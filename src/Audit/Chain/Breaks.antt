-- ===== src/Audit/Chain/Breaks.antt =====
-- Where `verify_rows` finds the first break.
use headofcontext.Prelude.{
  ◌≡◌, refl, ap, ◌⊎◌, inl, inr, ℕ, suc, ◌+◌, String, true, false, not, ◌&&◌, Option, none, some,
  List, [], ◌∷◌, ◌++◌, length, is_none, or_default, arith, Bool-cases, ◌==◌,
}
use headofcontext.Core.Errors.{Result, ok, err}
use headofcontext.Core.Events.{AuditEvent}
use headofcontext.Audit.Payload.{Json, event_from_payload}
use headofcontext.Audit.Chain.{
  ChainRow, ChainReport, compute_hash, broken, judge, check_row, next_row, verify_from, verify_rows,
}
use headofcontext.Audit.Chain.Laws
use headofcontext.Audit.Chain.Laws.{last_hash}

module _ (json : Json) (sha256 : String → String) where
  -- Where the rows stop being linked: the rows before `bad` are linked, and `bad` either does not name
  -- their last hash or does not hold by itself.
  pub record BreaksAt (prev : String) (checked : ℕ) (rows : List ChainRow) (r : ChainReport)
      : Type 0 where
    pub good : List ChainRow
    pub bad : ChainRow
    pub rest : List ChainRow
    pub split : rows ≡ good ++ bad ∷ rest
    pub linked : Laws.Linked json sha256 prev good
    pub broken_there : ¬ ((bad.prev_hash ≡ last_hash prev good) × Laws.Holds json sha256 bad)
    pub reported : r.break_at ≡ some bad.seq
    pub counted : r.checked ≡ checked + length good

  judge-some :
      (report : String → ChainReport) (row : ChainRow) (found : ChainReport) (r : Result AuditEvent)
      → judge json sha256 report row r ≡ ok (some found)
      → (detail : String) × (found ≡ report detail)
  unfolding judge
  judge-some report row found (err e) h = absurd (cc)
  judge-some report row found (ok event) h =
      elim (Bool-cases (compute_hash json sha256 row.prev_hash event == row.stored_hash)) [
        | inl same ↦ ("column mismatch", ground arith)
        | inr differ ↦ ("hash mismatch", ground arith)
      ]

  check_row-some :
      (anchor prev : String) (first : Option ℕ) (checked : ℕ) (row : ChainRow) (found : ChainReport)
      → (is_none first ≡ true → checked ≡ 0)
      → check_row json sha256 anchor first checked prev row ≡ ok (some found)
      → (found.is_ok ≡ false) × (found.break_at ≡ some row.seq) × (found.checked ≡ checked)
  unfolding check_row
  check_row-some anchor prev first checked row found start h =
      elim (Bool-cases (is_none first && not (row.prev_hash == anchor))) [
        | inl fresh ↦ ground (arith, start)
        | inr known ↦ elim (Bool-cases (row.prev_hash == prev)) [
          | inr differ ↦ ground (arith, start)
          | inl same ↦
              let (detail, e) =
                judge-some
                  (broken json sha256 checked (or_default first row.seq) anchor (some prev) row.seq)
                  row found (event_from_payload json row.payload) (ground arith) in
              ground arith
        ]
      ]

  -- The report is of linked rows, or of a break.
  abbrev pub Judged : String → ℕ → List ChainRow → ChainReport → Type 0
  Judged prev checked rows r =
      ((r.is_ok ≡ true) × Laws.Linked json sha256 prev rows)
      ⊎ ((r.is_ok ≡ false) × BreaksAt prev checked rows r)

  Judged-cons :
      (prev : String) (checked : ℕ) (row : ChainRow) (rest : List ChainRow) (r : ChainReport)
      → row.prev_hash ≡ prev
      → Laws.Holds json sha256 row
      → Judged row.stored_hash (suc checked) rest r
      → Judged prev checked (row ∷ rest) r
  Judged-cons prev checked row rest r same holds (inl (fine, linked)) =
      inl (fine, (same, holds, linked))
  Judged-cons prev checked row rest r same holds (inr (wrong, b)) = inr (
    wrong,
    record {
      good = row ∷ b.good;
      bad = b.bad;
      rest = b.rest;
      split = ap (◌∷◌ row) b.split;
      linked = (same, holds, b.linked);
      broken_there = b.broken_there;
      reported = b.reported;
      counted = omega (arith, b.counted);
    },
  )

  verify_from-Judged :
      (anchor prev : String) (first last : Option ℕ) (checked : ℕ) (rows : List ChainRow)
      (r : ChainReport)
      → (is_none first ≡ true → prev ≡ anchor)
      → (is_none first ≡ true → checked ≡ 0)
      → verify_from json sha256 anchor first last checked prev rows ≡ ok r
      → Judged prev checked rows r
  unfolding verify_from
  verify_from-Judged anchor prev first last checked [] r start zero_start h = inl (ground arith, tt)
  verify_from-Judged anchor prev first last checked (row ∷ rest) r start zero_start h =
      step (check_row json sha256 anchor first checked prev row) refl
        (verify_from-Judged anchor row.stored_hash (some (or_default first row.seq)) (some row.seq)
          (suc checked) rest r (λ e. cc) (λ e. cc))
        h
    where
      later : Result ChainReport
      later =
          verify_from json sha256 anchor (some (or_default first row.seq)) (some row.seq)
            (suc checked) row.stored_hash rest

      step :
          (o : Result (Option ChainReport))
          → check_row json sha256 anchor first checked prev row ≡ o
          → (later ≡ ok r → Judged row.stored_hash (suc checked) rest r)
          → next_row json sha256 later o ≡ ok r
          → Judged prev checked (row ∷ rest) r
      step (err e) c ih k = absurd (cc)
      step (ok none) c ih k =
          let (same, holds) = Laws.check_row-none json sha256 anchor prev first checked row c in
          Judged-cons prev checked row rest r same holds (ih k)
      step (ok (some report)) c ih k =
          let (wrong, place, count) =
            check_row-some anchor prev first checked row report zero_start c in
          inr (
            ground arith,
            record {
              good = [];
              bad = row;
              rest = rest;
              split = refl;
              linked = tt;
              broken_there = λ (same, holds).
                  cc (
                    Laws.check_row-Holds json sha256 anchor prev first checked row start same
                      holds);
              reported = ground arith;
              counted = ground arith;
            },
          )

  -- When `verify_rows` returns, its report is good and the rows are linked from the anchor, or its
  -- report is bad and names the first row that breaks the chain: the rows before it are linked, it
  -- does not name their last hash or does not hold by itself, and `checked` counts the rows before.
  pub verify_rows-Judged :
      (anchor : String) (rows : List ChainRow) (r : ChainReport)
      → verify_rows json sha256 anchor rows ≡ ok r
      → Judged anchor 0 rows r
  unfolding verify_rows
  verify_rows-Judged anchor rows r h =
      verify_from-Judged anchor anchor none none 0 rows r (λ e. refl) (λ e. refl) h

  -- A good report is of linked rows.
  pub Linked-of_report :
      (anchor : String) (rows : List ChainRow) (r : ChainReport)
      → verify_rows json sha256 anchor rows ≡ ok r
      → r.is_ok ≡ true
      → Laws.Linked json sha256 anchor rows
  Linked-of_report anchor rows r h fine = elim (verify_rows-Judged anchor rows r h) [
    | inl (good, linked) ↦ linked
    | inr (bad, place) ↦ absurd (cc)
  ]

------

• YOUR GOAL
Go through the listing above. Show each line where the word "Option" is found.

• ANSWER AREA
  ◌≡◌, refl, ap, ◌⊎◌, inl, inr, ℕ, suc, ◌+◌, String, true, false, not, ◌&&◌, Option, none, some,
      (anchor prev : String) (first : Option ℕ) (checked : ℕ) (row : ChainRow) (found : ChainReport)
      (anchor prev : String) (first last : Option ℕ) (checked : ℕ) (rows : List ChainRow)
          (o : Result (Option ChainReport))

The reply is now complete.